My question is: what if the yeti is understood cardinally? So we say:
- S: ∃x((x = S') → ⊥(x)) {"There is at least one sentence (in the same set as this one is in), other than this one, that is false"}
- S: ∀x((x = S') → ⊥(x)) {"Every sentence other than this one is false"}
My intuition is telling me that if the cardinality of a yeti were not well-ordered, then reference to some "last" sentence that resolves the entire set does not as clearly go through. In fact, though, if such would not go through, then we would have a fairly weird derivation of the well-ordering lemma ("if ~WOL, then possibly an unsolvable yeti; ~an unsolvable yeti; therefore..."), maybe. However the issue is otherwise phrased, I will phrase it as: does the cardinal yeti seem to generate a paradox anyway (or, is it reducible to the paradox of a liar loop, say?), or if it does, is the solution basically the same as/sufficiently similar to the solution to the ordinal one?+++
❦Like other parathetic sets, yetis are under inferential blockade in their mountain home, and have no regenerate erotetic counterparts. That is, no subyeti is inferrable (in relevance logic) from sentences from outside the staircase-castle on Yablo's mountain (and it is not even clear what is inferrable on the mountain proper!), and no subyeti is a possible answer to an appropriate question. However, an erotetic yeti tree does grow somewhere on Yablo's mountain: take, "What is the correct answer to the next question on this list?" repeated perpetually. Now, modulo the closure theory broached above, we will say that some final such question has the correct answer, "Nothing is the correct answer to the next question on this list (since there is no next question to have an answer at all)." Then the correct answer to the 2nd-to-last question is, "The correct answer to the nth question is that nothing is the correct answer to the n+1st question on this list." Then, "The correct answer to the n-1st question is that the correct answer to nth question is that nothing is the correct answer to the n+1st question on this list."
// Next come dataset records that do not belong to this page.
-- ===== src/Timers/Live.antt =====
-- TimerSet: putting timers that have run back, or deleting them, leaves a set of live timers.
use network_ydxlib.Base.{
  subst, ◌<◌, ℕ, ◌≡◌, ◌≢◌, refl, sym, ap, ◌∙◌, inl, inr, ◌⊎◌, ap₂, Bool, true, false, Bool-cases,
  Option, none, some, List, [], ◌∷◌, ◌==◌, if◌then◌else◌, arith, not-eq, eq_refl,
}
use network_ydxlib.Timers.Expiry.{IsSorted, AreAddresses, SortedIf, insert_entry-SortedIf}
use network_ydxlib.Timers.{
  uintptr_max, Timer, TimerSet, before, insert_at, insert_entry, insert, put, put_back, put_all,
  restart,
}

-- No entry of the list is of the timer at `p`.
abbrev pub Lacks : ℕ → List (ℕ × ℕ) → Type 0
Lacks p [] = Unit {0}
Lacks p (x ∷ xs) = (p ≢ x.1) × Lacks p xs

abbrev pub Distinct : List (ℕ × ℕ) → Type 0
Distinct [] = Unit {0}
Distinct (x ∷ xs) = Lacks x.1 xs × Distinct xs

-- Every entry is of a timer that is there, with the time at which it expires.
abbrev pub Live : (ℕ → Option Timer) → List (ℕ × ℕ) → Type 0
Live f [] = Unit {0}
Live f (x ∷ xs) = ((t : Timer) × (f x.1 ≡ some t) × (t.expiration ≡ x.0)) × Live f xs

-- The entries of the one list have other timers than those of the other.
abbrev pub Apart : List (ℕ × ℕ) → List (ℕ × ℕ) → Type 0
Apart [] ys = Unit {0}
Apart (x ∷ xs) ys = Lacks x.1 ys × Apart xs ys

pub record IsLive (s : TimerSet) : Type 0 where
  pub sorted : IsSorted s.container
  pub bounded : AreAddresses s.container
  pub distinct : Distinct s.container
  pub live : Live s.timers s.container

-- What a change of the timer at `p` leaves.
pub Live-put :
    (p : ℕ) (t : Option Timer) (f : ℕ → Option Timer) (xs : List (ℕ × ℕ))
    → Lacks p xs
    → Live f xs
    → Live (λ q. if p == q then t else f q) xs
Live-put p t f [] l v = tt
Live-put p t f (x ∷ xs) (d, l) ((u, e, g), v) =
    ((u, ap (λ (b : Bool). if b then t else f x.1) (not-eq p x.1 d) ∙ e, g), Live-put p t f xs l v)

insert_at-splits :
    (x y : ℕ × ℕ) (ys zs : List (ℕ × ℕ))
    → x.1 ≢ y.1
    → ((insert_at x y ys (some zs) ≡ some (x ∷ y ∷ ys))
        ⊎ (insert_at x y ys (some zs) ≡ some (y ∷ zs)))
unfolding insert_at before
insert_at-splits x y ys zs d = elim (Bool-cases (before x y)) [
  | inl e ↦ inl (
      ap (λ (b : Bool). if b then some (x ∷ y ∷ ys) else if before y x then some (y ∷ zs) else none)
        e)
  | inr e ↦ inr (
      ap₂ (λ (b c : Bool). if b then some (x ∷ y ∷ ys) else if c then some (y ∷ zs) else none) e
        (other e))
]
  where
    other : before x y ≡ false → before y x ≡ true
    other e = ground (arith, e, d)

-- An entry of another timer goes in, and nothing is lost.
pub record Inserted (f : ℕ → Option Timer) (x : ℕ × ℕ) (ys : List (ℕ × ℕ)) (zs : List (ℕ × ℕ))
    : Type 0 where
  pub lacks : (p : ℕ) → p ≢ x.1 → Lacks p ys → Lacks p zs
  pub distinct : Distinct ys → Distinct zs
  pub live : Live f (x ∷ ys) → Live f zs
  pub bounded : x.1 < uintptr_max → AreAddresses ys → AreAddresses zs

pub insert-Inserted :
    (f : ℕ → Option Timer) (x : ℕ × ℕ) (ys : List (ℕ × ℕ))
    → Lacks x.1 ys
    → (zs : List (ℕ × ℕ)) × (insert_entry x ys ≡ some zs) × Inserted f x ys zs
unfolding insert_entry
insert-Inserted f x [] l = (
  x ∷ [],
  refl,
  record {
    lacks = λ p d m. (d, tt);
    distinct = λ d. (tt, tt);
    live = λ v. v;
    bounded = λ b a. (b, tt);
  },
)
insert-Inserted f x (y ∷ ys) (d, l) =
    let (zs, e, i) = insert-Inserted f x ys l in
    elim (insert_at-splits x y ys zs d) [
      | inl g ↦ (
        x ∷ y ∷ ys,
        ap (insert_at x y ys) e ∙ g,
        record {
          lacks = λ p n m. (n, m);
          distinct = λ c. ((d, l), c);
          live = λ v. v;
          bounded = λ b a. (b, a);
        },
      )
      | inr g ↦ (
        y ∷ zs,
        ap (insert_at x y ys) e ∙ g,
        record {
          lacks = λ p n m. (m.0, i.lacks p n m.1);
          distinct = λ c. (i.lacks y.1 (λ q. d (sym q)) c.0, i.distinct c.1);
          live = λ v. (v.1.0, i.live (v.0, v.1.1));
          bounded = λ b a. (a.0, i.bounded b a.1);
        },
      )
    ]

abbrev pub second : Option (Bool × TimerSet) → Option TimerSet
second none = none
second (some (earliest, s)) = some s

pub insert-of :
    (p : ℕ) (t : Timer) (s : TimerSet) (zs : List (ℕ × ℕ))
    → insert_entry (t.expiration, p) s.container ≡ some zs
    → second (insert p t s) ≡ some (record s { container = zs })
unfolding insert
insert-of p t s zs e = rw (second, e) refl

put_back-repeats :
    (now p : ℕ) (t : Timer) (s : TimerSet)
    → t.repeats ≡ true
    → put_back now p t s ≡ second (insert p (restart now t) (put p (some (restart now t)) s))
unfolding put_back
put_back-repeats now p t s r =
    ap
      (λ (b : Bool).
        if b
        then second (insert p (restart now t) (put p (some (restart now t)) s))
        else some (put p none s))
      r

put_back-once :
    (now p : ℕ) (t : Timer) (s : TimerSet)
    → t.repeats ≡ false
    → put_back now p t s ≡ some (put p none s)
unfolding put_back
put_back-once now p t s r = rw r refl

-- Once a timer that has run is put back or deleted, the set is as before, and the entries that were
-- taken out with it are of live timers still.
pub record Kept (x : ℕ × ℕ) (s s' : TimerSet) : Type 0 where
  pub sound : IsLive s'
  pub others : (ys : List (ℕ × ℕ)) → Lacks x.1 ys → Live s.timers ys → Live s'.timers ys
  pub lacks : (p : ℕ) → p ≢ x.1 → Lacks p s.container → Lacks p s'.container
  pub same_ran : s'.ran ≡ s.ran

put_back-Kept :
    (now : ℕ) (x : ℕ × ℕ) (t : Timer) (s : TimerSet)
    → IsLive s
    → x.1 < uintptr_max
    → Lacks x.1 s.container
    → (s' : TimerSet) × (put_back now x.1 t s ≡ some s') × Kept x s s'
put_back-Kept now x t s h bound l = elim (Bool-cases t.repeats) [
  | inl r ↦
      let u : Timer = restart now t in
      let f : ℕ → Option Timer = λ q. if x.1 == q then some u else s.timers q in
      let (zs, e, i) = insert-Inserted f (u.expiration, x.1) s.container l in
      let s1 : TimerSet = put x.1 (some u) s in
      (
        record s1 { container = zs },
        put_back-repeats now x.1 t s r ∙ insert-of x.1 u s1 zs e,
        record {
          sound = record {
            sorted =
                subst SortedIf e (insert_entry-SortedIf (u.expiration, x.1) s.container h.sorted);
            bounded = i.bounded bound h.bounded;
            distinct = i.distinct h.distinct;
            live = i.live (
              (u, ap (λ (b : Bool). if b then some u else s.timers x.1) (eq_refl x.1), refl),
              Live-put x.1 (some u) s.timers s.container l h.live,
            );
          };
          others = λ ys m v. Live-put x.1 (some u) s.timers ys m v;
          lacks = λ p d m. i.lacks p d m;
          same_ran = refl;
        },
      )
  | inr r ↦ (
    put x.1 none s,
    put_back-once now x.1 t s r,
    record {
      sound = record {
        sorted = h.sorted;
        bounded = h.bounded;
        distinct = h.distinct;
        live = Live-put x.1 none s.timers s.container l h.live;
      };
      others = λ ys m v. Live-put x.1 none s.timers ys m v;
      lacks = λ p d m. m;
      same_ran = refl;
    },
  )
]

Apart-Kept :
    (x : ℕ × ℕ) (s s' : TimerSet) (xs : List (ℕ × ℕ))
    → Kept x s s'
    → Lacks x.1 xs
    → Apart xs s.container
    → Apart xs s'.container
Apart-Kept x s s' [] k l a = tt
Apart-Kept x s s' (y ∷ ys) k (d, l) (m, a) =
    (k.lacks y.1 (λ e. d (sym e)) m, Apart-Kept x s s' ys k l a)

put_all-of :
    (now : ℕ) (x : ℕ × ℕ) (xs : List (ℕ × ℕ)) (s s' : TimerSet) (t : Timer)
    → s.timers x.1 ≡ some t
    → put_back now x.1 t s ≡ some s'
    → put_all now (x ∷ xs) s ≡ put_all now xs s'
unfolding put_all
put_all-of now x xs s s' t e f = rw (put_all, e, f) refl

pub put_all-IsLive :
    (now : ℕ) (xs : List (ℕ × ℕ)) (s : TimerSet)
    → IsLive s
    → AreAddresses xs
    → Distinct xs
    → Live s.timers xs
    → Apart xs s.container
    → (s' : TimerSet) × (put_all now xs s ≡ some s') × IsLive s' × (s'.ran ≡ s.ran)
unfolding put_all
put_all-IsLive now [] s h b d v a = (s, refl, h, refl)
put_all-IsLive now (x ∷ xs) s h (bound, b) (l, d) ((t, e, g), v) (m, a) =
    let (s1, done, k) = put_back-Kept now x t s h bound m in
    let (s2, rest, sound, ran) =
      put_all-IsLive now xs s1 k.sound b d (k.others xs l v) (Apart-Kept x s s1 xs k l a) in
    (s2, put_all-of now x xs s s1 t e done ∙ rest, sound, ran ∙ k.same_ran)
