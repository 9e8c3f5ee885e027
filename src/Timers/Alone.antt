-- ===== src/Timers/Alone.antt =====
-- TimerSet: an expiry, where the functions of the timers leave the set alone.
use network_ydxlib.Base.{
  ℕ, ◌≡◌, refl, sym, ap, some-inj, subst, ◌∙◌, inl, inr, ltb, Bool, true, false, Bool-cases, Option,
  none, some, List, [], ◌∷◌, ◌++◌, if◌then◌else◌, append_assoc, append-nil,
}
use network_ydxlib.Timers.{
  Timer, TimerSet, put, put_all, set_alarm, reset_timerfd, reset, run_all, run_expired, finish,
  handle_read, get_expired, split, is_later,
}
use network_ydxlib.Timers.Expiry.{IsSorted, AreAddresses, AreDue, AreLater, get_expired_lem}
use network_ydxlib.Timers.Live.{Lacks, Distinct, Live, Apart, IsLive, put_all-IsLive}

Lacks-append : (p : ℕ) (xs ys : List (ℕ × ℕ)) → Lacks p (xs ++ ys) → Lacks p xs × Lacks p ys
Lacks-append p [] ys l = (tt, l)
Lacks-append p (x ∷ xs) ys (d, l) = let (a, b) = Lacks-append p xs ys l in ((d, a), b)

Distinct-append :
    (xs ys : List (ℕ × ℕ)) → Distinct (xs ++ ys) → Distinct xs × Distinct ys × Apart xs ys
Distinct-append [] ys d = (tt, d, tt)
Distinct-append (x ∷ xs) ys (l, d) =
    let (a, b, c) = Distinct-append xs ys d in
    let (m, n) = Lacks-append x.1 xs ys l in ((m, a), b, (n, c))

Live-append :
    (f : ℕ → Option Timer) (xs ys : List (ℕ × ℕ)) → Live f (xs ++ ys) → Live f xs × Live f ys
Live-append f [] ys v = (tt, v)
Live-append f (x ∷ xs) ys (t, v) = let (a, b) = Live-append f xs ys v in ((t, a), b)

AreAddresses-append :
    (xs ys : List (ℕ × ℕ)) → AreAddresses (xs ++ ys) → AreAddresses xs × AreAddresses ys
AreAddresses-append [] ys b = (tt, b)
AreAddresses-append (x ∷ xs) ys (b, c) = let (l, r) = AreAddresses-append xs ys c in ((b, l), r)

IsSorted-append : (xs ys : List (ℕ × ℕ)) → IsSorted (xs ++ ys) → IsSorted ys
IsSorted-append [] ys s = s
IsSorted-append (x ∷ xs) ys (a, s) = IsSorted-append xs ys s

-- A timer's function that does nothing to the set.
abbrev pub leave_alone : ℕ → TimerSet → Option TimerSet
leave_alone p s = some s

abbrev pub addresses : List (ℕ × ℕ) → List ℕ
addresses [] = []
addresses (x ∷ xs) = x.1 ∷ addresses xs

run_all-of :
    (x : ℕ × ℕ) (xs : List (ℕ × ℕ)) (s : TimerSet) (t : Timer)
    → s.timers x.1 ≡ some t
    → run_all leave_alone (x ∷ xs) s
      ≡ run_all leave_alone xs (record s { ran = s.ran ++ (x.1 ∷ []) })
unfolding run_all
run_all-of x xs s t e = rw (run_all, e) refl

run_all-alone :
    (xs : List (ℕ × ℕ)) (s : TimerSet)
    → Live s.timers xs
    → run_all leave_alone xs s ≡ some (record s { ran = s.ran ++ addresses xs })
unfolding run_all
run_all-alone [] s v = ap (λ (r : List ℕ). some (record s { ran = r })) (sym (append-nil s.ran))
run_all-alone (x ∷ xs) s ((t, e, g), v) =
    run_all-of x xs s t e
    ∙ run_all-alone xs (record s { ran = s.ran ++ (x.1 ∷ []) }) v
    ∙ ap (λ (r : List ℕ). some (record s { ran = r }))
        (append_assoc s.ran (x.1 ∷ []) (addresses xs))

set_alarm-of :
    (later : ℕ) (x : ℕ × ℕ) (xs : List (ℕ × ℕ)) (s : TimerSet) (t : Timer)
    → s.timers x.1 ≡ some t
    → set_alarm later (x ∷ xs) s
      ≡ some (if ltb 0 t.expiration then reset_timerfd t.expiration later s else s)
unfolding set_alarm
set_alarm-of later x xs s t e = rw (set_alarm, e) refl

-- Setting the alarm leaves the timers as they are.
pub record Same (s s' : TimerSet) : Type 0 where
  pub container : s'.container ≡ s.container
  pub timers : s'.timers ≡ s.timers
  pub ran : s'.ran ≡ s.ran

pub if-Same :
    (b : Bool) (when later : ℕ) (s : TimerSet)
    → Same s (if b then reset_timerfd when later s else s)
unfolding reset_timerfd
if-Same true when later s = record { container = refl; timers = refl; ran = refl }
if-Same false when later s = record { container = refl; timers = refl; ran = refl }

set_alarm-Same :
    (later : ℕ) (xs : List (ℕ × ℕ)) (s : TimerSet)
    → Live s.timers xs
    → (s' : TimerSet) × (set_alarm later xs s ≡ some s') × Same s s'
unfolding set_alarm
set_alarm-Same later [] s v = (s, refl, record { container = refl; timers = refl; ran = refl })
set_alarm-Same later (x ∷ xs) s ((t, e, g), v) = (
  if ltb 0 t.expiration then reset_timerfd t.expiration later s else s,
  set_alarm-of later x xs s t e,
  if-Same (ltb 0 t.expiration) t.expiration later s,
)

none-some : {A : Type 0} → {a : A} → none ≡ some a → ⊥
none-some e = cc

get_expired-kept :
    (now : ℕ) (s s' : TimerSet) (front : List (ℕ × ℕ))
    → get_expired now s ≡ some (front, s')
    → (s'.timers ≡ s.timers) × (s'.ran ≡ s.ran)
unfolding get_expired
get_expired-kept now s s' front e = elim (Bool-cases (is_later now back)) [
  | inl h ↦
      let same : some (front, s')
          ≡ some ((split now s.container).0, record s { container = back }) =
        sym e ∙ ap chosen h in
      let both = some-inj same in (ap (λ x. x.1.timers) both, ap (λ x. x.1.ran) both)
  | inr h ↦ absurd (none-some (sym (ap chosen h) ∙ e))
]
  where
    back : List (ℕ × ℕ)
    back = (split now s.container).1

    chosen : Bool → Option (List (ℕ × ℕ) × TimerSet)
    chosen b = if b then some ((split now s.container).0, record s { container = back }) else none

reset-of :
    (xs : List (ℕ × ℕ)) (now later : ℕ) (s s' : TimerSet)
    → put_all now xs s ≡ some s'
    → reset xs now later s ≡ set_alarm later s'.container s'
unfolding reset
reset-of xs now later s s' e = rw (reset, e) refl

-- Let the entries of the set be in order, of addresses below the largest, each of another timer that
-- is there, with its time, and let the functions of the timers do nothing to the set. Then
-- `handleRead` ends without using a deleted timer; it runs just the timers that are due, each once
-- and in their order, and leaves the set so that each of its entries is of a timer that is there.
pub handle_read-IsLive :
    (now later : ℕ) (s : TimerSet)
    → IsLive s
    → (due rest : List (ℕ × ℕ)) × (s' : TimerSet) × (handle_read leave_alone now later s ≡ some s')
      × (due ++ rest ≡ s.container)
      × AreDue now due
      × AreLater now rest
      × (s'.ran ≡ s.ran ++ addresses due)
      × IsLive s'
unfolding handle_read run_expired finish reset
handle_read-IsLive now later s h =
    let (front, s1, got, whole, due, after) = get_expired_lem now s h.sorted h.bounded in
    let (kept, ran1) = get_expired-kept now s s1 front got in
    let (df, db, apart) =
      Distinct-append front s1.container (subst Distinct (sym whole) h.distinct) in
    let (lf, lb) = Live-append s1.timers front s1.container (
      subst (λ f. Live f (front ++ s1.container)) (sym kept)
        (subst (Live s.timers) (sym whole) h.live)) in
    let (bf, bb) =
      AreAddresses-append front s1.container (subst AreAddresses (sym whole) h.bounded) in
    let sb = IsSorted-append front s1.container (subst IsSorted (sym whole) h.sorted) in
    let s2 : TimerSet = record s1 { ran = s1.ran ++ addresses front } in
    let (s3, put, sound, ran3) =
      put_all-IsLive now front s2 (record { sorted = sb; bounded = bb; distinct = db; live = lb })
        bf df lf apart in
    let (s4, set, same) = set_alarm-Same later s3.container s3 sound.live in
    (
      front,
      s1.container,
      s4,
      ap (run_expired leave_alone now later) got
          ∙ ap (finish front now later) (run_all-alone front s1 lf)
          ∙ reset-of front now later s2 s3 put
          ∙ set,
      whole,
      due,
      after,
      same.ran ∙ ran3 ∙ ap (λ r. r ++ addresses front) ran1,
      record {
        sorted = subst IsSorted (sym same.container) sound.sorted;
        bounded = subst AreAddresses (sym same.container) sound.bounded;
        distinct = subst Distinct (sym same.container) sound.distinct;
        live =
            subst (Live s4.timers) (sym same.container)
              (subst (λ f. Live f s3.container) (sym same.timers) sound.live);
      },
    )
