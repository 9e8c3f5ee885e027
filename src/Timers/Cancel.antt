-- ===== src/Timers/Cancel.antt =====
-- TimerSet: a timer whose function cancels it.
use network_ydxlib.Base.{
  ℕ, ◌≤◌, ◌<◌, ◌≡◌, refl, ap, ◌∙◌, true, none, some, List, [], ◌∷◌, ◌++◌, if◌then◌else◌, arith,
  eq_refl,
}
use network_ydxlib.Timers.{
  Timer, TimerSet, uintptr_max, before, split, is_later, get_expired, cancel_in_loop, erase_entry,
  put, run_all, put_all, reset, handle_read, run_expired, finish,
}

due-before :
    (p now : ℕ) (t : Timer)
    → p < uintptr_max
    → t.expiration ≤ now
    → before (t.expiration, p) (now, uintptr_max) ≡ true
unfolding before
due-before p now t a h = ground arith

get_expired-one :
    (p now : ℕ) (t : Timer) (s : TimerSet)
    → s.container ≡ (t.expiration, p) ∷ []
    → before (t.expiration, p) (now, uintptr_max) ≡ true
    → get_expired now s ≡ some ((t.expiration, p) ∷ [], record s { container = [] })
unfolding get_expired split is_later
get_expired-one p now t s c d = ground (arith, c, d)

run_all-cancelled :
    (p : ℕ) (t : Timer) (s : TimerSet)
    → s.container ≡ []
    → s.timers p ≡ some t
    → run_all cancel_in_loop ((t.expiration, p) ∷ []) s
      ≡ some (put p none (record s { ran = s.ran ++ (p ∷ []) }))
unfolding run_all cancel_in_loop erase_entry
run_all-cancelled p t s c l = ground (arith, c, l)

reset-deleted :
    (p now later when : ℕ) (s : TimerSet)
    → s.timers p ≡ none
    → reset ((when, p) ∷ []) now later s ≡ none
unfolding reset put_all
reset-deleted p now later when s l = ground (arith, l)

-- A timer whose function cancels the timer itself is deleted while it is among the expired ones, and
-- `reset` then uses it: `handleRead` of a set with such a timer alone, once it has expired, comes to a
-- use of a deleted timer.
pub handle_read-cancelled :
    (p now later : ℕ) (t : Timer) (s : TimerSet)
    → s.container ≡ (t.expiration, p) ∷ []
    → s.timers p ≡ some t
    → p < uintptr_max
    → t.expiration ≤ now
    → handle_read cancel_in_loop now later s ≡ none
unfolding handle_read run_expired finish
handle_read-cancelled p now later t s c l a h =
    let s1 : TimerSet = record s { container = [] } in
    let one : List (ℕ × ℕ) = (t.expiration, p) ∷ [] in
    let s2 : TimerSet = put p none (record s1 { ran = s.ran ++ (p ∷ []) }) in
    ap (run_expired cancel_in_loop now later) (get_expired-one p now t s c (due-before p now t a h))
    ∙ ap (finish one now later) (run_all-cancelled p t s1 refl l)
    ∙ reset-deleted p now later t.expiration s2
        (ap (λ b. if b then none else s.timers p) (eq_refl p))
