-- ===== src/Timers/Erase.antt =====
-- TimerSet: taking the entry of one timer out of the set.
use network_ydxlib.Base.{
  ℕ, ◌≡◌, ◌≢◌, sym, ap, ap₂, ◌∙◌, some-inj, subst, inl, inr, ◌&&◌, true, false, Bool-cases, Option,
  some, List, [], ◌∷◌, ◌==◌, if◌then◌else◌, arith, eq_refl, ==_iff,
}
use network_ydxlib.Timers.{Timer, erase_entry}
use network_ydxlib.Timers.Expiry.{AllAfter, IsSorted, AreAddresses}
use network_ydxlib.Timers.Live.{Lacks, Distinct, Live}

-- Without the entry of the timer at `p`.
pub record Erased (f : ℕ → Option Timer) (p : ℕ) (xs ys : List (ℕ × ℕ)) : Type 0 where
  pub gone : Lacks p ys
  pub lacks : (q : ℕ) → Lacks q xs → Lacks q ys
  pub after : (z : ℕ × ℕ) → AllAfter z xs → AllAfter z ys
  pub sorted : IsSorted ys
  pub bounded : AreAddresses ys
  pub distinct : Distinct ys
  pub live : Live f ys

pub erase-Erased :
    (f : ℕ → Option Timer) (p : ℕ) (t : Timer) (xs : List (ℕ × ℕ))
    → f p ≡ some t
    → IsSorted xs
    → AreAddresses xs
    → Distinct xs
    → Live f xs
    → Erased f p xs (erase_entry (t.expiration, p) xs)
unfolding erase_entry
erase-Erased f p t [] e s b d v = record {
  gone = tt;
  lacks = λ q l. l;
  after = λ z a. a;
  sorted = tt;
  bounded = tt;
  distinct = tt;
  live = tt;
}
erase-Erased f p t (x ∷ xs) e (a, s) (bound, b) (l, d) ((u, g, h), v) =
    elim (Bool-cases (p == x.1)) [
      | inl same ↦
          let here : p ≡ x.1 = (==_iff p x.1).0 same in
          let found : u ≡ t = some-inj (sym g ∙ ap f (sym here) ∙ e) in
          let when : t.expiration ≡ x.0 = ap (λ w. w.expiration) (sym found) ∙ h in
          let hit : ((t.expiration == x.0) && (p == x.1)) ≡ true =
            ap₂ (λ c e. c && e) (ap (λ n. n == x.0) when ∙ eq_refl x.0) same in
          subst (λ c. Erased f p (x ∷ xs) (if c then xs else x ∷ erase_entry (t.expiration, p) xs))
            (sym hit)
            (record {
              gone = subst (λ q. Lacks q xs) (sym here) l;
              lacks = λ q m. m.1;
              after = λ z m. m.1;
              sorted = s;
              bounded = b;
              distinct = d;
              live = v;
            })
      | inr other ↦
          let r = erase-Erased f p t xs e s b d v in
          let miss : ((t.expiration == x.0) && (p == x.1)) ≡ false = ground (arith, other) in
          subst (λ c. Erased f p (x ∷ xs) (if c then xs else x ∷ erase_entry (t.expiration, p) xs))
            (sym miss)
            (record {
              gone = (λ same. apart other same, r.gone);
              lacks = λ q m. (m.0, r.lacks q m.1);
              after = λ z m. (m.0, r.after z m.1);
              sorted = (r.after x a, r.sorted);
              bounded = (bound, r.bounded);
              distinct = (r.lacks x.1 l, r.distinct);
              live = ((u, g, h), r.live);
            })
    ]
  where
    apart : (p == x.1) ≡ false → p ≢ x.1
    apart e same = ground (arith, e, same)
+++Two options I've considered: a set of infinitely many colors, so that every sentence is in a unique color and says, "Every sentence in a different color than this one, is false"; or infinitely many languages, so that there is, for example, a single English sentence in the set, "All sentences in a different language than the language this one is in, are false," but so every sentence says the same thing in a different language. I've seen talk of sets of colors of alephic size, so I imagine it might make sense to talk of well-ordering an infinite set of colors, but otherwise it sounds odd to my ears to talk of ordering all the sentences by color. As for language, well, that turns into a sound/glyph issue, so again perception-theoretic in character; but so again, I'd be hard-pressed to identify any languages in the set as prior to each other at all (unless we meant to be speaking of an infinite period of time in which all the languages evolved and were used?) in the relevant way.